*** Opening DATA PROVIDED ***

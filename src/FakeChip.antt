-- ===== src/FakeChip.antt =====
-- chip_fake.cpp: the operations of the fake chip backend, as a `ChipOps`.
pub mod Contract
pub mod Cache
pub mod Scan
pub mod Heard
pub mod Association
use wificx_skeleton.Prelude.{
  ℕ, ◌+◌, ◌%◌, ◌^◌, Bool, true, false, ◌||◌, List, [], ◌∷◌, Option, none, some, ◌==◌, if◌then◌else◌,
  replicate,
}
use wificx_skeleton.Platform.{Status, success, device_not_ready, not_found, insufficient_resources}
use wificx_skeleton.Platform.System.{System}
use wificx_skeleton.Keys.{KeyDescriptor}
use wificx_skeleton.ScanCache
use wificx_skeleton.ScanCache.{ScanCache, Result}
use wificx_skeleton.FakeBss.{FakeBss, BssTable, get_table}
use wificx_skeleton.FakeKeys.{FakeKey, zero_keys}
use wificx_skeleton.FakeKeys
use wificx_skeleton.FakeAssoc.{build_req_body, build_resp_body, find_bss}
use wificx_skeleton.Device.{Driver, FakeChip, ChipOps, ConnectTarget}
use wificx_skeleton.Connect.{emit_association_result}

abbrev pub set_fake : FakeChip → Driver → Driver
set_fake f d = record d { fake = f }

-- The table with its beacons built, and the driver that remembers it (FakeBssGetTable).
abbrev pub load_table : Driver → Driver
load_table d = record d { fake = record (d.fake) { bss = get_table d.fake.bss } }

unfoldable pub fake_init : Driver → Status × Driver
fake_init d = (success, d)

pub fake_deinit : Driver → Driver
fake_deinit d = d

pub fake_set_radio : Bool → Driver → Status × Driver
fake_set_radio soft_on d = (success, d)

pub fake_abort_scan : Driver → Status × Driver
fake_abort_scan d = (success, d)

pub fake_disconnect : Driver → Status × Driver
fake_disconnect d = (success, d)

pub fake_program_key : KeyDescriptor → Driver → Status × Driver
fake_program_key k d =
    let (status, keys) = FakeKeys.program_key d.fake.keys k in
    (status, record d { fake = record (d.fake) { keys = keys } })

pub fake_remove_all_keys : Driver → Status × Driver
fake_remove_all_keys d = (success, record d { fake = record (d.fake) { keys = zero_keys } })

pub fake_set_default_key_id : ℕ → Driver → Status × Driver
fake_set_default_key_id id d =
    (success, record d { fake = record (d.fake) { default_key_id = id } })

pub fake_reset : Driver → Status × Driver
fake_reset d = (
  success,
  record d {
    fake = record (d.fake) {
      reset_count = (d.fake.reset_count + 1) % 2 ^ 32;
      keys = zero_keys;
      default_key_id = 0;
    };
  },
)

module _ (sys : System) where
  -- One WdiScanCacheInsert of the loop, with the tick of its moment.
  abbrev pub scan_result : FakeBss → ℕ → Result
  scan_result e tick = record {
    bssid = e.bssid;
    frequency_mhz = e.frequency_mhz;
    rssi = e.rssi;
    beacon = e.beacon_buffer;
    beacon_len = e.beacon_length;
    tick = tick;
  }

  -- KeQueryTickCount runs only where an entry is written.
  pub insert_all : List FakeBss → ScanCache → ℕ → ScanCache × ℕ
  insert_all [] c ticks = (c, ticks)
  insert_all (e ∷ es) c ticks =
      let (status, c') = ScanCache.insert c (scan_result e (sys.tick_count ticks)) in
      insert_all es c' (elim status [ success ↦ ticks + 1 | _ ↦ ticks ])

  -- FakeStartScan from its test of the cache on.
  pub scan_into : Option ScanCache → Driver → Status × Driver
  unfolding insert_all
  scan_into none d = (device_not_ready, d)
  scan_into (some cache) d =
      let d' = load_table d in
      let (c, ticks) = insert_all d'.fake.bss.entries (ScanCache.clear cache) d.tick_calls in
      (success, record d' { scan_cache = some c; tick_calls = ticks })

  unfoldable pub fake_start_scan : Driver → Status × Driver
  fake_start_scan d = scan_into d.scan_cache d

  -- FakeConnect from its test of the table entry on. It reports the association as failed (status
  -- code 1). `req` and `resp` are what its two stack buffers hold on entry.
  pub associate : List ℕ → List ℕ → Option FakeBss → Driver → Status × Driver
  associate req resp none d = (not_found, d)
  associate req resp (some bss) d =
      let (req', req_len) = build_req_body req 128 bss in
      let (resp', resp_len) = build_resp_body resp 128 bss 1 in
      if req_len == 0 || resp_len == 0
      then (insufficient_resources, d)
      else (success, emit_association_result sys bss.bssid req' req_len resp' resp_len 1 d)

  unfoldable pub fake_connect : List ℕ → List ℕ → ConnectTarget → Driver → Status × Driver
  fake_connect req resp target d =
      let d' = load_table d in associate req resp (find_bss d'.fake.bss.entries target.bssid) d'

  -- `g_FakeOps`.
  unfoldable pub fake_ops : List ℕ → List ℕ → ChipOps
  fake_ops req resp = record {
    init = fake_init;
    deinit = some fake_deinit;
    set_radio = some fake_set_radio;
    start_scan = some fake_start_scan;
    abort_scan = some fake_abort_scan;
    connect = some (fake_connect req resp);
    disconnect = some fake_disconnect;
    program_key = some fake_program_key;
    remove_all_keys = some fake_remove_all_keys;
    set_default_key_id = some fake_set_default_key_id;
    reset = some fake_reset;
  }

*** Closing DATA PROVIDED ***

-- ABOUT THIS EXERCISE --
Going back over the entries above, copy word for word every line from the one that has "fake_deinit d = d" on through the one that has "default_key_id = id".

-- ANSWER TO THE EXERCISE --
fake_deinit d = d

pub fake_set_radio : Bool → Driver → Status × Driver
fake_set_radio soft_on d = (success, d)

pub fake_abort_scan : Driver → Status × Driver
fake_abort_scan d = (success, d)

pub fake_disconnect : Driver → Status × Driver
fake_disconnect d = (success, d)

pub fake_program_key : KeyDescriptor → Driver → Status × Driver
fake_program_key k d =
    let (status, keys) = FakeKeys.program_key d.fake.keys k in
    (status, record d { fake = record (d.fake) { keys = keys } })

pub fake_remove_all_keys : Driver → Status × Driver
fake_remove_all_keys d = (success, record d { fake = record (d.fake) { keys = zero_keys } })

pub fake_set_default_key_id : ℕ → Driver → Status × Driver
fake_set_default_key_id id d =
    (success, record d { fake = record (d.fake) { default_key_id = id } })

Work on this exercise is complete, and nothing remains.